The response should hold each line from the entries below where "TicketMaliciousProof" is found.

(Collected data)

***

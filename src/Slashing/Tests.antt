-- ===== src/Slashing/Tests.antt =====
-- The slashing theorems at a small ticket.
use rusty_coin.Common.{ℕ, ◌+◌, ◌≤◌, ◌≡◌, ◌≢◌, ◌↔◌, refl, List, [], ◌∷◌, ◌++◌, replicate, arith}
use rusty_coin.Common.Result.{◌>>=◌, ok}
use rusty_coin.Common.Words.{Bytes}
use rusty_coin.Types.Tx.{Hash}
use rusty_coin.Types.Payload.{
  TicketNonParticipationProof, TicketMaliciousProof, WitnessSignature, double_voting,
}
use rusty_coin.Slashing.Ticket.{
  create_double_voting_proof, create_non_participation_proof,
  validate_ticket_malicious_behavior_slashing, validate_ticket_non_participation_slashing,
}
use rusty_coin.Slashing.Proofs.{
  validate-create_double_voting_proof_iff, validate-create_non_participation_proof,
}

abbrev witnessed : List WitnessSignature
witnessed =
    record {
      masternode_id = record { outpoint = record { txid = 1 ∷ []; vout = 0 } };
      signature = [];
    }
    ∷ []

abbrev vote_for : ℕ → Bytes × Hash
vote_for block = (replicate 64 7, replicate 32 block)

abbrev double_vote : TicketMaliciousProof
double_vote = record {
  ticket_id = 1 ∷ [];
  detection_block_height = 9;
  malicious_action_type = double_voting;
  proof_data = replicate 64 7 ++ (replicate 32 1 ++ (replicate 64 7 ++ replicate 32 2));
  witness_signatures = witnessed;
}

double_vote_created :
    create_double_voting_proof (1 ∷ []) (vote_for 1) (vote_for 2) 9 witnessed ≡ ok double_vote
unfolding create_double_voting_proof rusty_coin.Types.Tx.Hash-discrete rusty_coin.Common.ℕ_discrete
double_vote_created = refl

abbrev missed_vote : TicketNonParticipationProof
missed_vote = record {
  ticket_id = 1 ∷ [];
  detection_block_height = 9;
  target_block_hash = 8 ∷ [];
  selection_block_height = 7;
  selection_proof = 1 ∷ [];
  witness_signatures = witnessed;
}

missed_vote_created :
    create_non_participation_proof (1 ∷ []) (8 ∷ []) 7 (1 ∷ []) 9 witnessed ≡ ok missed_vote
unfolding create_non_participation_proof rusty_coin.Types.Tx.Hash-discrete
    rusty_coin.Common.ℕ_discrete
missed_vote_created = refl

validate-create_double_voting_proof_iff_example :
    ((create_double_voting_proof (1 ∷ []) (vote_for 1) (vote_for 2) 9 witnessed >>= λ proof.
    validate_ticket_malicious_behavior_slashing (1 ∷ []) proof 20)
      ≡ ok tt)
    ↔ (((vote_for 1).1 ≢ (vote_for 2).1)
        × (128 ≤ 64 + 32 + 64 + 32)
        × (1 ≤ 1)
        × (◌≡◌ {A = Hash} (1 ∷ []) (1 ∷ [])))
validate-create_double_voting_proof_iff_example =
    validate-create_double_voting_proof_iff (1 ∷ []) (1 ∷ []) (vote_for 1) (vote_for 2) 9 20
      witnessed

validate-create_non_participation_proof_example :
    validate_ticket_non_participation_slashing (1 ∷ []) missed_vote 20 ≡ ok tt
validate-create_non_participation_proof_example =
    validate-create_non_participation_proof (1 ∷ []) (8 ∷ []) 7 (1 ∷ []) 9 20 witnessed missed_vote
      missed_vote_created (omega arith) (omega arith) (omega arith)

***

Completed task ▸
  TicketNonParticipationProof, TicketMaliciousProof, WitnessSignature, double_voting,
abbrev double_vote : TicketMaliciousProof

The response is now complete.